# Copy Local users to another server



## Aj_Revelino (Sep 7, 2009)

Hi,

We are in the process of migrating several folders and subfolders from one windows 2003 server to another. The folders have been created in the new server. The issue now is to migrate the users and their relevant permissions to the new server exactly the same way they were in the old server. Pls suggest. All these users are local users. Pls suggest a way to perform this.

Cheers!!

Aj


----------



## 2xg (Aug 5, 2009)

Hi AJ,

You may use FSMT (Microsoft File Server Migration Toolkit) http://www.microsoft.com/downloads/...ae-930a-42b0-b595-66f462f5d87b&displaylang=en

http://windowsitpro.com/article/art...osoft-file-server-migration-toolkit-fsmt.html


----------



## Aj_Revelino (Sep 7, 2009)

Hi,

Thanks for your time!! Should I manually create all the local users in the target server and Is it possible to use the inbuilt utilty for this purpose
I used Windows backup utility (Start->accessories->system tools->backup) to migrate one folder from the source server to the target server.

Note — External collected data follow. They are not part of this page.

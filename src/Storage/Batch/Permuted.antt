-- ===== src/Storage/Batch/Permuted.antt =====
-- The sorts of rust/src/api/storage.rs keep every entry and every key.
use mathlib.Core.List.{Perm}
use mathlib.Core.List.Perm
use openmls_dart.Prelude.{List, [], ◌∷◌, map, Bytes, bytes_le, Bool-cases, inl, inr}
use openmls_dart.Storage.Snapshot.{MlsStorageEntry}
use openmls_dart.Storage.Batch.{entry_row, insert_entry, sort_entries, insert_key, sort_keys}

insert_key-Perm : (k : Bytes) (ks : List Bytes) → Perm (insert_key k ks) (k ∷ ks)
unfolding insert_key
insert_key-Perm k [] = Perm.rfl
insert_key-Perm k (x ∷ xs) = elim (Bool-cases (bytes_le k x)) [
  | inl le ↦ rw le Perm.rfl
  | inr gt ↦ rw gt (Perm.trans (Perm.cons x (insert_key-Perm k xs)) (Perm.swap k x xs))
]

pub sort_keys-Perm : (ks : List Bytes) → Perm (sort_keys ks) ks
unfolding sort_keys
sort_keys-Perm [] = Perm.rfl
sort_keys-Perm (k ∷ ks) =
    Perm.trans (insert_key-Perm k (sort_keys ks)) (Perm.cons k (sort_keys-Perm ks))

insert_entry-Perm :
    (e : MlsStorageEntry) (es : List MlsStorageEntry)
    → Perm (map entry_row (insert_entry e es)) (entry_row e ∷ map entry_row es)
unfolding insert_entry
insert_entry-Perm e [] = Perm.rfl
insert_entry-Perm e (x ∷ xs) = elim (Bool-cases (bytes_le e.key x.key)) [
  | inl le ↦ rw le Perm.rfl
  | inr gt ↦ rw gt (
      Perm.trans (Perm.cons (entry_row x) (insert_entry-Perm e xs))
        (Perm.swap (entry_row e) (entry_row x) (map entry_row xs)))
]

pub sort_entries-Perm :
    (es : List MlsStorageEntry) → Perm (map entry_row (sort_entries es)) (map entry_row es)
unfolding sort_entries
sort_entries-Perm [] = Perm.rfl
sort_entries-Perm (e ∷ es) =
    Perm.trans (insert_entry-Perm e (sort_entries es))
      (Perm.cons (entry_row e) (sort_entries-Perm es))
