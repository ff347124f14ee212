-- ===== src/Storage/Batch/Reload.antt =====
-- Admitting a snapshot (rust/src/api/storage.rs) keeps its rows, and the rows that an operation left
-- are a snapshot that the next operation admits.
use mathlib.Core.Path.{subst}
use openmls_dart.Prelude.{
  ℕ, ◌≡◌, refl, ap, ◌∙◌, false, not, Option, none, some, List, [], ◌∷◌, map, Bytes, bytes_eq,
  bytes_eq_iff, bytes_eq_refl, any, All, arith, ok, guard, >>-eq-ok, guard-eq-ok, ◌==◌,
}
use openmls_dart.Storage.Rows.{Row, Rows, get, insert, get-insert, IsMap}
use openmls_dart.Storage.Snapshot.{
  MlsStorageEntry, SnapshotStorageProvider, IsProvider, collect, from_entries,
  from_entries-IsProvider, snapshot_entry, snapshot_entries,
}
use openmls_dart.Storage.Batch.{
  duplicate_key, entry_row, check_scope, validate_entries, validate_storage_entries,
  provider_from_entries, unsupported_format, mls_storage_format_version,
}
use openmls_dart.Storage.Batch.Complete.{value_of}

abbrev or_else : Option Bytes → Option Bytes → Option Bytes
or_else (some v) old = some v
or_else none old = old

or_else-none : (k : Bytes) (rows : Rows) → or_else (get k rows) (get k []) ≡ get k rows
unfolding get
or_else-none k rows = ground arith

-- Rows that form a map are collected whole.
get-collect :
    (k : Bytes) (m : Rows) (rows : List Row)
    → IsMap rows
    → get k (collect m rows) ≡ or_else (get k rows) (get k m)
unfolding collect get
get-collect k m [] h = refl
get-collect k m ((j, v) ∷ rows) h =
    get-collect k (insert j v m) rows h.1
    ∙ ground (arith, bytes_eq_iff j k, get-insert j k v m, h.0)

-- A row with a key that none of the list has.
abbrev IsFresh : List Bytes → Row → Type 0
IsFresh seen r = any (bytes_eq r.0) seen ≡ false

get_of_fresh :
    (k : Bytes) (seen : List Bytes) (rows : List Row)
    → All (IsFresh (k ∷ seen)) rows
    → get k rows ≡ none
unfolding get
get_of_fresh k seen [] h = refl
get_of_fresh k seen ((j, v) ∷ rows) h = ground (arith, get_of_fresh k seen rows, h.0, h.1)

unseen :
    (k : Bytes) (seen : List Bytes) (rows : List Row)
    → All (IsFresh (k ∷ seen)) rows
    → All (IsFresh seen) rows
unseen k seen [] h = tt
unseen k seen ((j, v) ∷ rows) h = (ground (arith, h.0), unseen k seen rows h.1)

validated-IsMap :
    (expected : Option Bytes) (seen : List Bytes) (es : List MlsStorageEntry)
    → validate_entries expected seen es ≡ ok tt
    → IsMap (map entry_row es) × All (IsFresh seen) (map entry_row es)
unfolding validate_entries
validated-IsMap expected seen [] h = (tt, tt)
validated-IsMap expected seen (e ∷ es) h =
    let (fresh, h') = >>-eq-ok (guard (not (any (bytes_eq e.key) seen)) duplicate_key) _ h in
    let (_, rest) = >>-eq-ok (check_scope expected e) _ h' in
    let (rows_map, rows_fresh) = validated-IsMap expected (e.key ∷ seen) es rest in
    (
      (get_of_fresh e.key seen (map entry_row es) rows_fresh, rows_map),
      (ground (arith, guard-eq-ok _ _ fresh), unseen e.key seen (map entry_row es) rows_fresh),
    )

value_of-get : (k : Bytes) (es : List MlsStorageEntry) → get k (map entry_row es) ≡ value_of k es
unfolding get value_of
value_of-get k [] = refl
value_of-get k (e ∷ es) = rw (value_of-get k es)

-- A snapshot that is admitted has every entry of the caller in the provider, under its key, on both
-- sides, and no other; and the provider is well formed.
pub provider_from_entries_faithful :
    (es : List MlsStorageEntry) (v : ℕ) (g : Option Bytes) (p : SnapshotStorageProvider)
    → provider_from_entries es v g ≡ ok p
    → IsProvider p
      × ((k : Bytes) → (get k p.initial ≡ value_of k es) × (get k p.current ≡ value_of k es))
unfolding provider_from_entries validate_storage_entries from_entries
provider_from_entries_faithful es v g p h =
    let (valid, made) = >>-eq-ok (validate_storage_entries es v g) _ h in
    let (_, entries_valid) =
      >>-eq-ok (guard (v == mls_storage_format_version) (unsupported_format v)) _ valid in
    let (rows_map, _) = validated-IsMap g [] es entries_valid in
    let e : from_entries (map entry_row es) ≡ p = cc made in
    let at : (k : Bytes) → get k (collect [] (map entry_row es)) ≡ value_of k es = λ k.
      get-collect k [] (map entry_row es) rows_map
      ∙ or_else-none k (map entry_row es)
      ∙ value_of-get k es in
    subst
      (λ q.
        IsProvider q
        × ((k : Bytes) → (get k q.initial ≡ value_of k es) × (get k q.current ≡ value_of k es)))
      e (from_entries-IsProvider (map entry_row es), λ k. (at k, at k))

IsFresh-of_get :
    (k : Bytes) (seen : List Bytes) (rows : List Row)
    → get k rows ≡ none
    → All (IsFresh seen) rows
    → All (IsFresh (k ∷ seen)) rows
unfolding get
IsFresh-of_get k seen [] h f = tt
IsFresh-of_get k seen ((j, v) ∷ rows) h f =
    (ground (arith, f.0), IsFresh-of_get k seen rows (ground arith) f.1)

validate-snapshot_entry : (g : Bytes) (r : Row) → check_scope (some g) (snapshot_entry g r) ≡ ok tt
unfolding check_scope
validate-snapshot_entry g (k, v) = ground (arith, bytes_eq_refl g)

validate-snapshot :
    (g : Bytes) (seen : List Bytes) (rows : Rows)
    → IsMap rows
    → All (IsFresh seen) rows
    → validate_entries (some g) seen (map (snapshot_entry g) rows) ≡ ok tt
unfolding validate_entries
validate-snapshot g seen [] h f = refl
validate-snapshot g seen ((k, v) ∷ rows) h f =
    rw (f.0, validate-snapshot_entry g (k, v))
      (validate-snapshot g (k ∷ seen) rows h.1 (IsFresh-of_get k seen rows h.0 f.1))

all-IsFresh : (rows : List Row) → All (IsFresh []) rows
all-IsFresh [] = tt
all-IsFresh (r ∷ rows) = (refl, all-IsFresh rows)

rows_of_snapshot : (g : Bytes) (rows : Rows) → map entry_row (map (snapshot_entry g) rows) ≡ rows
rows_of_snapshot g [] = refl
rows_of_snapshot g ((k, v) ∷ rows) = ap (λ t. (k, v) ∷ t) (rows_of_snapshot g rows)

-- Where both sides of the provider are maps, the rows that an operation left, handed out for its
-- group, are admitted as the next snapshot of that group: the next operation finds, under every key, what the first one left there.
pub snapshot_reload :
    (g : Bytes) (p : SnapshotStorageProvider)
    → IsProvider p
    → (q : SnapshotStorageProvider) × (provider_from_entries
          (snapshot_entries g p)
          mls_storage_format_version
          (some g)
        ≡ ok q)
      × ((k : Bytes) → get k q.current ≡ get k p.current)
unfolding provider_from_entries validate_storage_entries snapshot_entries from_entries
snapshot_reload g p h = (
  from_entries (map entry_row (map (snapshot_entry g) p.current)),
  rw (validate-snapshot g [] p.current h.current_map (all-IsFresh p.current)),
  λ k.
      ap (λ rows. get k (collect [] rows)) (rows_of_snapshot g p.current)
      ∙ get-collect k [] p.current h.current_map
      ∙ or_else-none k p.current,
)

I manually created the user in my target server who has access to this folder in the source server before I did a restore using the same utillity. The folder along with its subfolders were successfully restored onto the target server but a random user is being created for this folder (Right click -> properties -> Security). Can you pls shed some light on this?. 

Cheers!!


----------